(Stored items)
-- ===== src/Jobs/Worker/Pool.antt =====
-- The worker's tasks beside the job table, under any interleaving of API calls, claims, task ends,
-- reaping, shutdown and the death of the process.
use cora_os.Prelude.{
  ℕ, zero, suc, ◌+◌, ◌<◌, ◌≡◌, ◌≢◌, ◌⊎◌, refl, inl, inr, true, false, not, ◌&&◌, Option, none, some,
  List, [], ◌∷◌, ltb, arith, Bool-cases, Option-cases, if◌then◌else◌, subst, All, All-map,
  All-append, ◌==◌, ==_iff, ==_refl,
}
use cora_os.Prelude.Table.{
  find, update, IsKeyed, IsKeyed-update, IsKeyed-append, All-update_found, find-update, find-append,
  All-find, key-find,
}
use cora_os.Jobs.{
  Job, JobDb, NewJob, Claimed, job_key, job_of, is_terminal, is_queued, as_running, as_cancelled,
  claim_job, create_job, cancel_job, first_claimable, is_claimable, returned,
}
use cora_os.Jobs.Rows.{
  IsSane, IsOrderly, find-first_claimable, as_running-IsSane, as_cancelled-IsSane, job_of-IsSane,
}
use cora_os.Jobs.Worker.{
  Handled, Store, World, run_claimed, in_flight, spawned, fill_slots, reap, heartbeat,
}
use cora_os.Jobs.Worker.Run.{
  Holds, ending, id-ending, ending-IsSane, jobs-run_claimed, run_claimed_down,
}

abbrev pub task_key : Claimed → ℕ
task_key c = c.id

abbrev pub IsHeld : List Job → Claimed → Type 0
IsHeld js c = (j : Job) × (find job_key c.id js ≡ some j) × Holds c j

-- The rows are sane, no two tasks run the same job, and the row of every running task is its own:
-- running, with the attempts that the task was told.
pub record AreSound (js : List Job) (cs : List Claimed) : Type 0 where
  pub orderly : IsOrderly js
  pub apart : IsKeyed task_key cs
  pub held : All (IsHeld js) cs

abbrev pub IsSound : World → Type 0
IsSound w = AreSound w.jobs w.active

abbrev pub without : ℕ → List Claimed → List Claimed
without k [] = []
without k (c ∷ cs) = if c.id == k then cs else c ∷ without k cs

-- a task has ended: its run is written, and it waits to be reaped
abbrev pub finished : Claimed → Handled → ℕ → World → World
finished c h now w = record w {
  store = run_claimed c h now w.store;
  active = without c.id w.active;
  done = w.done + 1;
}

abbrev pub with_db : JobDb → World → World
with_db db w = record w { store = record w.store { db = db } }

-- One step of the world.
pub data Step (max : ℕ) (w : World) : World → Type 0 where
  submit :
      (k : ℕ) (n : NewJob)
      → find job_key k w.jobs ≡ none
      → 0 < n.max_attempts
      → Step max w (with_db (create_job k n w.db).1 w)
  cancel : (k now : ℕ) → Step max w (with_db (cancel_job k now w.db).1 w)
  fill : (fuel : ℕ) (clock : ℕ → ℕ) → Step max w (fill_slots fuel max clock w).0
  finish :
      (c : Claimed) (h : Handled) (now : ℕ)
      → find task_key c.id w.active ≡ some c
      → Step max w (finished c h now w)
  reaped : Step max w (reap w)
  beat : (now : ℕ) → Step max w (record w { store = heartbeat none now w.store })
  stop : Step max w (record w { shutdown = true })
  die : Step max w (record w { active = []; done = 0 })

pub data Reach (max : ℕ) (w : World) : World → Type 0 where
  here : Reach max w w
  next : {u v : World} → Reach max w u → Step max u v → Reach max w v

-- claiming
module _ (now : ℕ) (w : World) (s : IsSound w) (j : Job)
    (first : first_claimable w.jobs ≡ some j) where
  claimed_jobs : List Job
  claimed_jobs = update job_key j.id (as_running now) w.jobs

  the_row : find job_key j.id w.jobs ≡ some j
  the_row = (find-first_claimable w.jobs j s.orderly.keyed first).0

  is_free : is_claimable j ≡ true
  is_free = (find-first_claimable w.jobs j s.orderly.keyed first).1

  find-claimed :
      (k : ℕ)
      → find job_key k claimed_jobs
        ≡ (if j.id == k then some (as_running now j) else find job_key k w.jobs)
  unfolding claimed_jobs
  find-claimed k = elim (Bool-cases (j.id == k)) [
    | inl e ↦ ground (
      arith,
      find-update job_key j.id k (as_running now) (λ x. refl) w.jobs,
      the_row,
      (==_iff j.id k).0 e,
    )
    | inr e ↦ ground (arith, find-update job_key j.id k (as_running now) (λ x. refl) w.jobs)
  ]

  -- no task holds the row that is claimed: it was queued
  unheld : (c : Claimed) → IsHeld w.jobs c → c.id ≢ j.id
  unheld c h e = ground (arith, the_row, is_free, h.1, h.2)

  claimed-IsOrderly : IsOrderly claimed_jobs
  unfolding claimed_jobs
  claimed-IsOrderly = record {
    keyed = IsKeyed-update job_key j.id (as_running now) (λ x. refl) w.jobs s.orderly.keyed;
    sane =
        All-update_found job_key IsSane j.id (as_running now) w.jobs s.orderly.keyed
          (λ x e p. as_running-IsSane now x (ground (arith, the_row, is_free)) p) s.orderly.sane;
  }

  IsHeld-claimed : (c : Claimed) → IsHeld w.jobs c → IsHeld claimed_jobs c
  IsHeld-claimed c h = (h.0, ground (arith, find-claimed c.id, unheld c h, h.1), h.2)

  new-IsHeld : IsHeld claimed_jobs (returned (as_running now j))
  new-IsHeld = (
    as_running now j,
    ground (arith, find-claimed j.id, ==_refl j.id),
    record { live = refl; attempts = refl; max_attempts = refl },
  )

  new_apart : find task_key j.id w.active ≡ none
  new_apart = elim (Option-cases (find task_key j.id w.active)) [
    | inl e ↦ e
    | inr (c, e) ↦ absurd (
        unheld c (All-find task_key (IsHeld w.jobs) j.id w.active s.held e)
          (key-find task_key j.id w.active e))
  ]

  claimed-IsSound :
      IsSound (spawned (returned (as_running now j)) (record w.db { jobs = claimed_jobs }) w)
  claimed-IsSound = record {
    orderly = claimed-IsOrderly;
    apart = IsKeyed-append task_key w.active (returned (as_running now j)) s.apart new_apart;
    held =
        All-append (IsHeld claimed_jobs) w.active _ (All-map w.active IsHeld-claimed s.held)
          (new-IsHeld, tt);
  }

pub claim_none :
    (now : ℕ) (db : JobDb)
    → (db.pool ≡ false) ⊎ (first_claimable db.jobs ≡ none)
    → claim_job now db ≡ (none, db)
unfolding claim_job
claim_none now db (inl down) = ground arith
claim_none now db (inr idle) = ground arith

pub claim_some :
    (now : ℕ) (db : JobDb) (j : Job)
    → db.pool ≡ true
    → first_claimable db.jobs ≡ some j
    → claim_job now db ≡ (
      some (returned (as_running now j)),
      record db { jobs = update job_key j.id (as_running now) db.jobs },
    )
unfolding claim_job
claim_some now db j up first = simp (up, first)

-- claiming the oldest claimable job keeps the world sound
pub claim-IsSound :
    (now : ℕ) (w : World)
    → IsSound w
    → (j : Job) → first_claimable w.jobs ≡ some j
    → IsSound (
        spawned
          (returned (as_running now j))
          (record w.db { jobs = update job_key j.id (as_running now) w.jobs })
          w)
unfolding claimed_jobs
claim-IsSound now w s j first = claimed-IsSound now w s j first

pub fill_slots-IsSound :
    (fuel max : ℕ) (clock : ℕ → ℕ) (w : World) → IsSound w → IsSound (fill_slots fuel max clock w).0
unfolding fill_slots
fill_slots-IsSound zero max clock w s = s
fill_slots-IsSound (suc fuel) max clock w s =
    elim (Bool-cases (not w.shutdown && ltb (in_flight w) max)) [
      | inr full ↦ simp full s
      | inl room ↦ elim (Bool-cases w.pool) [
        | inr down ↦ simp (room, claim_none (clock fuel) w.db (inl down)) s
        | inl up ↦ elim (Option-cases (first_claimable w.jobs)) [
          | inl idle ↦ simp (room, claim_none (clock fuel) w.db (inr idle)) s
          | inr (j, first) ↦
              simp (room, claim_some (clock fuel) w.db j up first)
                (fill_slots-IsSound fuel max clock _ (claim-IsSound (clock fuel) w s j first))
        ]
      ]
    ]

pub find-without_absent :
    (k m : ℕ) (cs : List Claimed)
    → find task_key m cs ≡ none
    → find task_key m (without k cs) ≡ none
find-without_absent k m [] h = refl
find-without_absent k m (c ∷ cs) h = ground (arith, find-without_absent k m cs)

IsKeyed-without :
    (k : ℕ) (cs : List Claimed) → IsKeyed task_key cs → IsKeyed task_key (without k cs)
IsKeyed-without k [] h = tt
IsKeyed-without k (c ∷ cs) h = elim (Bool-cases (c.id == k)) [
  | inl e ↦ simp e (h.1)
  | inr e ↦ simp e (find-without_absent k c.id cs h.0, IsKeyed-without k cs h.1)
]

All-absent {κ} :
    {P Q : Claimed → Type κ} (k : ℕ) (cs : List Claimed)
    → ((c : Claimed) → c.id ≢ k → P c → Q c)
    → find task_key k cs ≡ none
    → All P cs
    → All Q cs
All-absent k [] f e h = tt
All-absent k (c ∷ cs) f e h = (f c (ground arith) h.0, All-absent k cs f (ground arith) h.1)

-- what is left after the task `k` is taken out has other ids
All-without {κ} :
    {P Q : Claimed → Type κ} (k : ℕ) (cs : List Claimed)
    → IsKeyed task_key cs
    → ((c : Claimed) → c.id ≢ k → P c → Q c)
    → All P cs
    → All Q (without k cs)
All-without k [] u f h = tt
All-without k (c ∷ cs) u f h = elim (Bool-cases (c.id == k)) [
  | inl e ↦
      simp e
        (All-absent k cs f (subst (λ n. find task_key n cs ≡ none) ((==_iff c.id k).0 e) u.0) h.1)
  | inr e ↦ simp e (f c (ground arith) h.0, All-without k cs u.1 f h.1)
]

module _ (c : Claimed) (h : Handled) (now : ℕ) (w : World) (s : IsSound w)
    (mine : find task_key c.id w.active ≡ some c) where
  my_row : IsHeld w.jobs c
  my_row = All-find task_key (IsHeld w.jobs) c.id w.active s.held mine

  kept_by :
      (d : Claimed)
      → d.id ≢ c.id
      → IsHeld w.jobs d
      → IsHeld (update job_key c.id (ending c h now) w.jobs) d
  kept_by d ne held = (
    held.0,
    ground
        (arith, find-update job_key c.id d.id (ending c h now) (id-ending c h now) w.jobs, held.1),
    held.2,
  )

  pub finished-IsSound : IsSound (finished c h now w)
  finished-IsSound = elim (Bool-cases w.pool) [
    | inl up ↦ rw (jobs-run_claimed c h now w.store up) (record {
      orderly = record {
        keyed =
            IsKeyed-update job_key c.id (ending c h now) (id-ending c h now) w.jobs s.orderly.keyed;
        sane =
            All-update_found job_key IsSane c.id (ending c h now) w.jobs s.orderly.keyed
              (λ x e p.
                ending-IsSane c h now x (subst (Holds c) (ground (arith, my_row.1)) my_row.2) p)
              s.orderly.sane;
      };
      apart = IsKeyed-without c.id w.active s.apart;
      held = All-without c.id w.active s.apart kept_by s.held;
    })
    | inr down ↦ rw (run_claimed_down c h now w.store down) (record {
      orderly = s.orderly;
      apart = IsKeyed-without c.id w.active s.apart;
      held = All-without c.id w.active s.apart (λ d ne held. held) s.held;
    })
  ]

module _ (k now : ℕ) (w : World) (s : IsSound w) where
  -- `cancel_job` leaves the table alone, or cancels a queued row.
  pub cancel_job-cases :
      ((cancel_job k now w.db).1 ≡ w.db)
      ⊎ ((j : Job) × (find job_key k w.jobs ≡ some j)
          × (is_queued j.status ≡ true)
          × ((cancel_job k now w.db).1
              ≡ record w.db { jobs = update job_key k (as_cancelled now) w.jobs }))
  unfolding cancel_job
  cancel_job-cases = elim (Bool-cases w.pool) [
    | inr down ↦ inl (simp down)
    | inl up ↦ elim (Option-cases (find job_key k w.jobs)) [
      | inl gone ↦ inl (simp (up, gone))
      | inr (j, f) ↦ elim (Bool-cases (is_terminal j.status)) [
        | inl over ↦ inl (simp (up, f, over))
        | inr live ↦ elim (Bool-cases (is_queued j.status)) [
          | inr busy ↦ inl (simp (up, f, live, busy))
          | inl waits ↦ inr (j, f, waits, simp (up, f, live, waits))
        ]
      ]
    ]
  ]

  pub cancel-IsSound : IsSound (with_db (cancel_job k now w.db).1 w)
  cancel-IsSound = elim cancel_job-cases [
    | inl same ↦ rw same s
    | inr (j, f, waits, moved) ↦ rw moved (record {
      orderly = record {
        keyed = IsKeyed-update job_key k (as_cancelled now) (λ x. refl) w.jobs s.orderly.keyed;
        sane =
            All-update_found job_key IsSane k (as_cancelled now) w.jobs s.orderly.keyed
              (λ x e p. as_cancelled-IsSane now x p) s.orderly.sane;
      };
      apart = s.apart;
      held =
          All-map w.active
            (λ d held. (
              held.0,
              ground (
                arith,
                find-update job_key k d.id (as_cancelled now) (λ x. refl) w.jobs,
                held.1,
                held.2,
                (==_iff k d.id).0,
              ),
              held.2,
            ))
            s.held;
    })
  ]

module _ (k : ℕ) (n : NewJob) (w : World) (s : IsSound w) (new : find job_key k w.jobs ≡ none)
    (many : 0 < n.max_attempts) where
  pub submit-IsSound : IsSound (with_db (create_job k n w.db).1 w)
  unfolding create_job
  submit-IsSound = elim (Bool-cases w.pool) [
    | inr down ↦ simp down s
    | inl up ↦ simp up (record {
      orderly = record {
        keyed = IsKeyed-append job_key w.jobs (job_of k n) s.orderly.keyed new;
        sane = All-append IsSane w.jobs _ s.orderly.sane (job_of-IsSane k n many, tt);
      };
      apart = s.apart;
      held =
          All-map w.active
            (λ d held. (
              held.0,
              ground (arith, find-append job_key d.id w.jobs (job_of k n), held.1),
              held.2,
            ))
            s.held;
    })
  ]

pub jobs-heartbeat : (b : Option ℕ) (now : ℕ) (s : Store) → (heartbeat b now s).jobs ≡ s.jobs
unfolding heartbeat
jobs-heartbeat b now s = ground arith

step-IsSound : {max : ℕ} {u w : World} → Step max u w → IsSound u → IsSound w
step-IsSound {u = u} (submit k n new many) s = submit-IsSound k n u s new many
step-IsSound {u = u} (cancel k now) s = cancel-IsSound k now u s
step-IsSound {max = max} {u = u} (fill fuel clock) s = fill_slots-IsSound fuel max clock u s
step-IsSound {u = u} (finish c h now mine) s = finished-IsSound c h now u s mine
step-IsSound reaped s = s
step-IsSound {u = u} (beat now) s = rw (jobs-heartbeat none now u.store) s
step-IsSound stop s = s
step-IsSound die s = record { orderly = s.orderly; apart = tt; held = tt }

-- Under every interleaving of API calls, claims, task ends, reaping, shutdown and the death of the
-- worker: the rows stay sane, no job is run by two tasks, and every running task holds its row.
pub Reach-IsSound : {max : ℕ} {u w : World} → Reach max u w → IsSound u → IsSound w
Reach-IsSound here s = s
Reach-IsSound (next r st) s = step-IsSound st (Reach-IsSound r s)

Try it
Exactly as written, reproduce the lines of the data above from the first line through the line where "with_db db w" appears.

Answer to the exercise
-- ===== src/Jobs/Worker/Pool.antt =====
-- The worker's tasks beside the job table, under any interleaving of API calls, claims, task ends,
-- reaping, shutdown and the death of the process.
use cora_os.Prelude.{
  ℕ, zero, suc, ◌+◌, ◌<◌, ◌≡◌, ◌≢◌, ◌⊎◌, refl, inl, inr, true, false, not, ◌&&◌, Option, none, some,
  List, [], ◌∷◌, ltb, arith, Bool-cases, Option-cases, if◌then◌else◌, subst, All, All-map,
  All-append, ◌==◌, ==_iff, ==_refl,
}
use cora_os.Prelude.Table.{
  find, update, IsKeyed, IsKeyed-update, IsKeyed-append, All-update_found, find-update, find-append,
  All-find, key-find,
}
use cora_os.Jobs.{
  Job, JobDb, NewJob, Claimed, job_key, job_of, is_terminal, is_queued, as_running, as_cancelled,
  claim_job, create_job, cancel_job, first_claimable, is_claimable, returned,
}
use cora_os.Jobs.Rows.{
  IsSane, IsOrderly, find-first_claimable, as_running-IsSane, as_cancelled-IsSane, job_of-IsSane,
}
use cora_os.Jobs.Worker.{
  Handled, Store, World, run_claimed, in_flight, spawned, fill_slots, reap, heartbeat,
}
use cora_os.Jobs.Worker.Run.{
  Holds, ending, id-ending, ending-IsSane, jobs-run_claimed, run_claimed_down,
}

abbrev pub task_key : Claimed → ℕ
task_key c = c.id

abbrev pub IsHeld : List Job → Claimed → Type 0
IsHeld js c = (j : Job) × (find job_key c.id js ≡ some j) × Holds c j

-- The rows are sane, no two tasks run the same job, and the row of every running task is its own:
-- running, with the attempts that the task was told.
pub record AreSound (js : List Job) (cs : List Claimed) : Type 0 where
  pub orderly : IsOrderly js
  pub apart : IsKeyed task_key cs
  pub held : All (IsHeld js) cs

abbrev pub IsSound : World → Type 0
IsSound w = AreSound w.jobs w.active

abbrev pub without : ℕ → List Claimed → List Claimed
without k [] = []
without k (c ∷ cs) = if c.id == k then cs else c ∷ without k cs

-- a task has ended: its run is written, and it waits to be reaped
abbrev pub finished : Claimed → Handled → ℕ → World → World
finished c h now w = record w {
  store = run_claimed c h now w.store;
  active = without c.id w.active;
  done = w.done + 1;
}

abbrev pub with_db : JobDb → World → World
with_db db w = record w { store = record w.store { db = db } }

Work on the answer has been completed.